After the station was heavily damaged as a result of the Second World War and various additions and renovations, the station lost its original structural style. In the mid-1990s, an improved renovation was conceptualized. The main focus was to change the station to be "environmentally and culturally oriented". The first step of the redesign, completed in 1997, was to install photovoltaic cells on the roof of the station. Further additions included the removal of the unused tracks and rail yard areas.

On December 16, 1999, the developmental concept put forth by Bahnhof Uelzen e.V. was publicized for the worldwide Expo 2000. In addition to various local authorities, the project was supported by the Deutsche Bahn. The focus of the project was the transformation of the building and the platforms following the plans of the Viennese architect Friedensreich Hundertwasser.

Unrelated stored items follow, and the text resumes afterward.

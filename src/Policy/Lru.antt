-- ===== src/Policy/Lru.antt =====
-- What the eviction loop of src/policy does, as a relation, and that the loop follows it and ends.
use kvflow_sim.Base.{
  ℕ, zero, suc, ◌+◌, ◌≤◌, ◌<◌, ◌≡◌, refl, sym, subst, ◌∙◌, true, ◌⊎◌, inl, inr, List, [], ◌∷◌, ◌++◌,
  none, some, arith, ltb, length, In, Bool-cases, Option-cases, ltb→lt, ltb→le, nat_eq, ◌==◌,
}
use mathlib.Core.Option.{some-injective}
use mathlib.Core.List.{append-nil, append_assoc}
use kvflow_sim.Base.Map
use kvflow_sim.Base.Map.{Map, values, total, Distinct, total-erase}
use kvflow_sim.Base.Select.{
  min_by_key, min_by_key-In, min_by_key-le, min_by_key-none, In-keep, keep-In,
}
use kvflow_sim.Cache.Tier.{TierKind}
use kvflow_sim.Cache.Object.{KvObject}
use kvflow_sim.Cache.State.{
  CacheState, HashOrder, available_space, objects_in_tier, location_matches_tier, remove,
}
use kvflow_sim.Cache.State.Accounting.{IsAccounted}
use kvflow_sim.Cache.State.Invariant.{remove_known, remove-IsAccounted}
use kvflow_sim.Policy.Placement.{EvictedKv}
use kvflow_sim.Policy.Evict.{evicted_of, evict_rounds, evict_lru}

-- An object of the state that stands in a tier of a node.
abbrev pub Stands : CacheState → ℕ → TierKind → KvObject → Type 0
Stands c n t o =
    (Map.get o.kv_id c.objects ≡ some o) × (location_matches_tier o.location n t ≡ true)

-- From a state through evictions to another: each happens for want of room, and takes an object of
-- the tier that was used no later than any other there.
pub data Evicts (n : ℕ) (t : TierKind) (bytes : ℕ)
    : CacheState → List EvictedKv → CacheState → Type 0 where
  stop : {c : CacheState} → Evicts n t bytes c [] c
  evict :
      {c d : CacheState} {l : List EvictedKv} (v : KvObject)
      → available_space c n t < bytes
      → Stands c n t v
      → ((o : KvObject) → Stands c n t o → v.last_access_ns ≤ o.last_access_ns)
      → Evicts n t bytes (remove c v.kv_id).0 l d
      → Evicts n t bytes c (evicted_of v ∷ l) d

-- There is room, or nothing is left to evict.
abbrev pub Settled : ℕ → TierKind → ℕ → CacheState → Type 0
Settled n t bytes c = (bytes ≤ available_space c n t) ⊎ ((o : KvObject) → Stands c n t o → ⊥)

In-values : (k : ℕ) (o : KvObject) (m : Map ℕ KvObject) → Map.get k m ≡ some o → In o (values m)
unfolding Map.get
In-values k o [] h = cc
In-values k o ((j, v) ∷ m) h = elim (Bool-cases (j == k)) [
  | inl e ↦ inl (sym (some-injective _ _ (rw e at h)))
  | inr e ↦ inr (In-values k o m (rw e at h))
]

values-In :
    (o : KvObject) (m : Map ℕ KvObject)
    → Distinct m
    → In o (values m)
    → (k : ℕ) × (Map.get k m ≡ some o)
unfolding Map.get
values-In o [] d i = absurd i
values-In o ((j, v) ∷ m) d (inl e) = (j, ground arith)
values-In o ((j, v) ∷ m) d (inr i) = let (k, g) = values-In o m d.1 i in (k, ground (arith, g, d.0))

module _ (order : HashOrder) (c : CacheState) (n : ℕ) (t : TierKind) where
  listed_Stands :
      (o : KvObject) → IsAccounted c → In o (objects_in_tier order c n t) → Stands c n t o
  unfolding objects_in_tier
  listed_Stands o a i =
      let (seen, matches) =
        In-keep (λ (x : KvObject). location_matches_tier x.location n t) o
          (order.visit (values c.objects)) i in
      let (k, g) =
        values-In o c.objects a.distinct ((order.visit-In o (values c.objects)).0 seen) in
      (subst (λ j. Map.get j c.objects ≡ some o) (sym (a.keyed k o g)) g, matches)

  Stands-listed : (o : KvObject) → Stands c n t o → In o (objects_in_tier order c n t)
  unfolding objects_in_tier
  Stands-listed o s =
      keep-In _ o _ ((order.visit-In o (values c.objects)).1 (In-values o.kv_id o c.objects s.0))
        s.1

  victim_Stands :
      (v : KvObject)
      → IsAccounted c
      → min_by_key (λ (o : KvObject). o.last_access_ns) (objects_in_tier order c n t) ≡ some v
      → Stands c n t v × ((o : KvObject) → Stands c n t o → v.last_access_ns ≤ o.last_access_ns)
  victim_Stands v a e = (
    listed_Stands v a (min_by_key-In _ (objects_in_tier order c n t) e),
    λ o s. min_by_key-le _ (objects_in_tier order c n t) o e (Stands-listed o s),
  )

  none-Stands :
      min_by_key (λ (o : KvObject). o.last_access_ns) (objects_in_tier order c n t) ≡ none
      → (o : KvObject) → Stands c n t o
      → ⊥
  none-Stands e o s =
      subst (In o) (min_by_key-none _ (objects_in_tier order c n t) e) (Stands-listed o s)

length-erase :
    (m : Map ℕ KvObject) (k : ℕ) (o : KvObject)
    → Distinct m
    → Map.get k m ≡ some o
    → length (Map.erase k m) + 1 ≡ length m
length-erase m k o d e =
    omega (arith, total-erase (λ x. 1) k m {v = o} d e, total-one m, total-one (Map.erase k m))
  where
    total-one : (l : Map ℕ KvObject) → total (λ x. 1) l ≡ length l
    total-one [] = refl
    total-one (x ∷ l) = omega (arith, total-one l)

length-remove :
    (c : CacheState) (v : KvObject)
    → IsAccounted c
    → Map.get v.kv_id c.objects ≡ some v
    → length (remove c v.kv_id).0.objects + 1 ≡ length c.objects
length-remove c v a e =
    rw (remove_known c v.kv_id v e) (length-erase c.objects v.kv_id v a.distinct e)

-- What the loop hands back: the state, and the evictions behind those before it.
abbrev pub Ran :
    ℕ → TierKind → ℕ → CacheState → List EvictedKv → CacheState × List EvictedKv → Type 0
Ran n t bytes c before r =
    (l : List EvictedKv) × (r.1 ≡ before ++ l) × Evicts n t bytes c l r.0 × Settled n t bytes r.0

module _ (order : HashOrder) (n : ℕ) (t : TierKind) (bytes : ℕ) where
  evict_rounds-Ran :
      (fuel : ℕ) (c : CacheState) (before : List EvictedKv)
      → IsAccounted c
      → length c.objects < fuel
      → Ran n t bytes c before (evict_rounds order n t bytes fuel c before)
  unfolding evict_rounds
  evict_rounds-Ran zero c before a f = absurd (omega arith)
  evict_rounds-Ran (suc fuel) c before a f = elim (Bool-cases (ltb (available_space c n t) bytes)) [
    | inr roomy ↦
        rw (roomy, evict_rounds) ([], sym (append-nil before), stop, inl (ltb→le _ _ roomy))
    | inl tight ↦
        elim (Option-cases
          (min_by_key (λ (o : KvObject). o.last_access_ns) (objects_in_tier order c n t))) [
            | inl e ↦
                rw (tight, evict_rounds)
                  (rw (e, evict_rounds)
                    ([], sym (append-nil before), stop, inr (none-Stands order c n t e)))
            | inr (v, e) ↦
                let (stands, least) = victim_Stands order c n t v a e in
                let ih =
                  evict_rounds-Ran fuel (remove c v.kv_id).0 (before ++ evicted_of v ∷ [])
                    (remove-IsAccounted c v.kv_id a)
                    (omega (arith, length-remove c v a stands.0)) in
                rw (tight, evict_rounds)
                  (rw (e, evict_rounds)
                    (
                      evicted_of v ∷ ih.0,
                      ih.1 ∙ append_assoc before (evicted_of v ∷ []) ih.0,
                      evict v (ltb→lt _ _ tight) stands least ih.2,
                      ih.3,
                    ))
          ]
  ]

  -- With exact bookkeeping, and in whatever order the hash map lists the objects, the eviction loop
  -- ends, evicts only for want of room and always a least recently used object of the tier, and
  -- stops with room for the object or with nothing left in the tier.
  pub evict_lru-Ran :
      (c : CacheState) (before : List EvictedKv)
      → IsAccounted c
      → Ran n t bytes c before (evict_lru order n t bytes c before)
  unfolding evict_lru
  evict_lru-Ran c before a = evict_rounds-Ran (suc (length c.objects)) c before a (omega arith)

On November 25, 2000, the new station was ceremoniously dedicated. Since then, it has become a tourist attraction and welcomes over 450,000 visitors every year. As part of the "Niedersachsen ist am Zug!" ("It’s Lower Saxony’s Turn / Lower Saxony Rides the Train!") developmental program promoted by the federal government and Lower Saxony between 2006 and 2007, the station was modernized at a price of €5 million. Through this modernization, all platforms were brought up to code and outfitted with provisions for physically disabled patrons. Furthermore, unfinished details from Hundertwasser's original design were realized.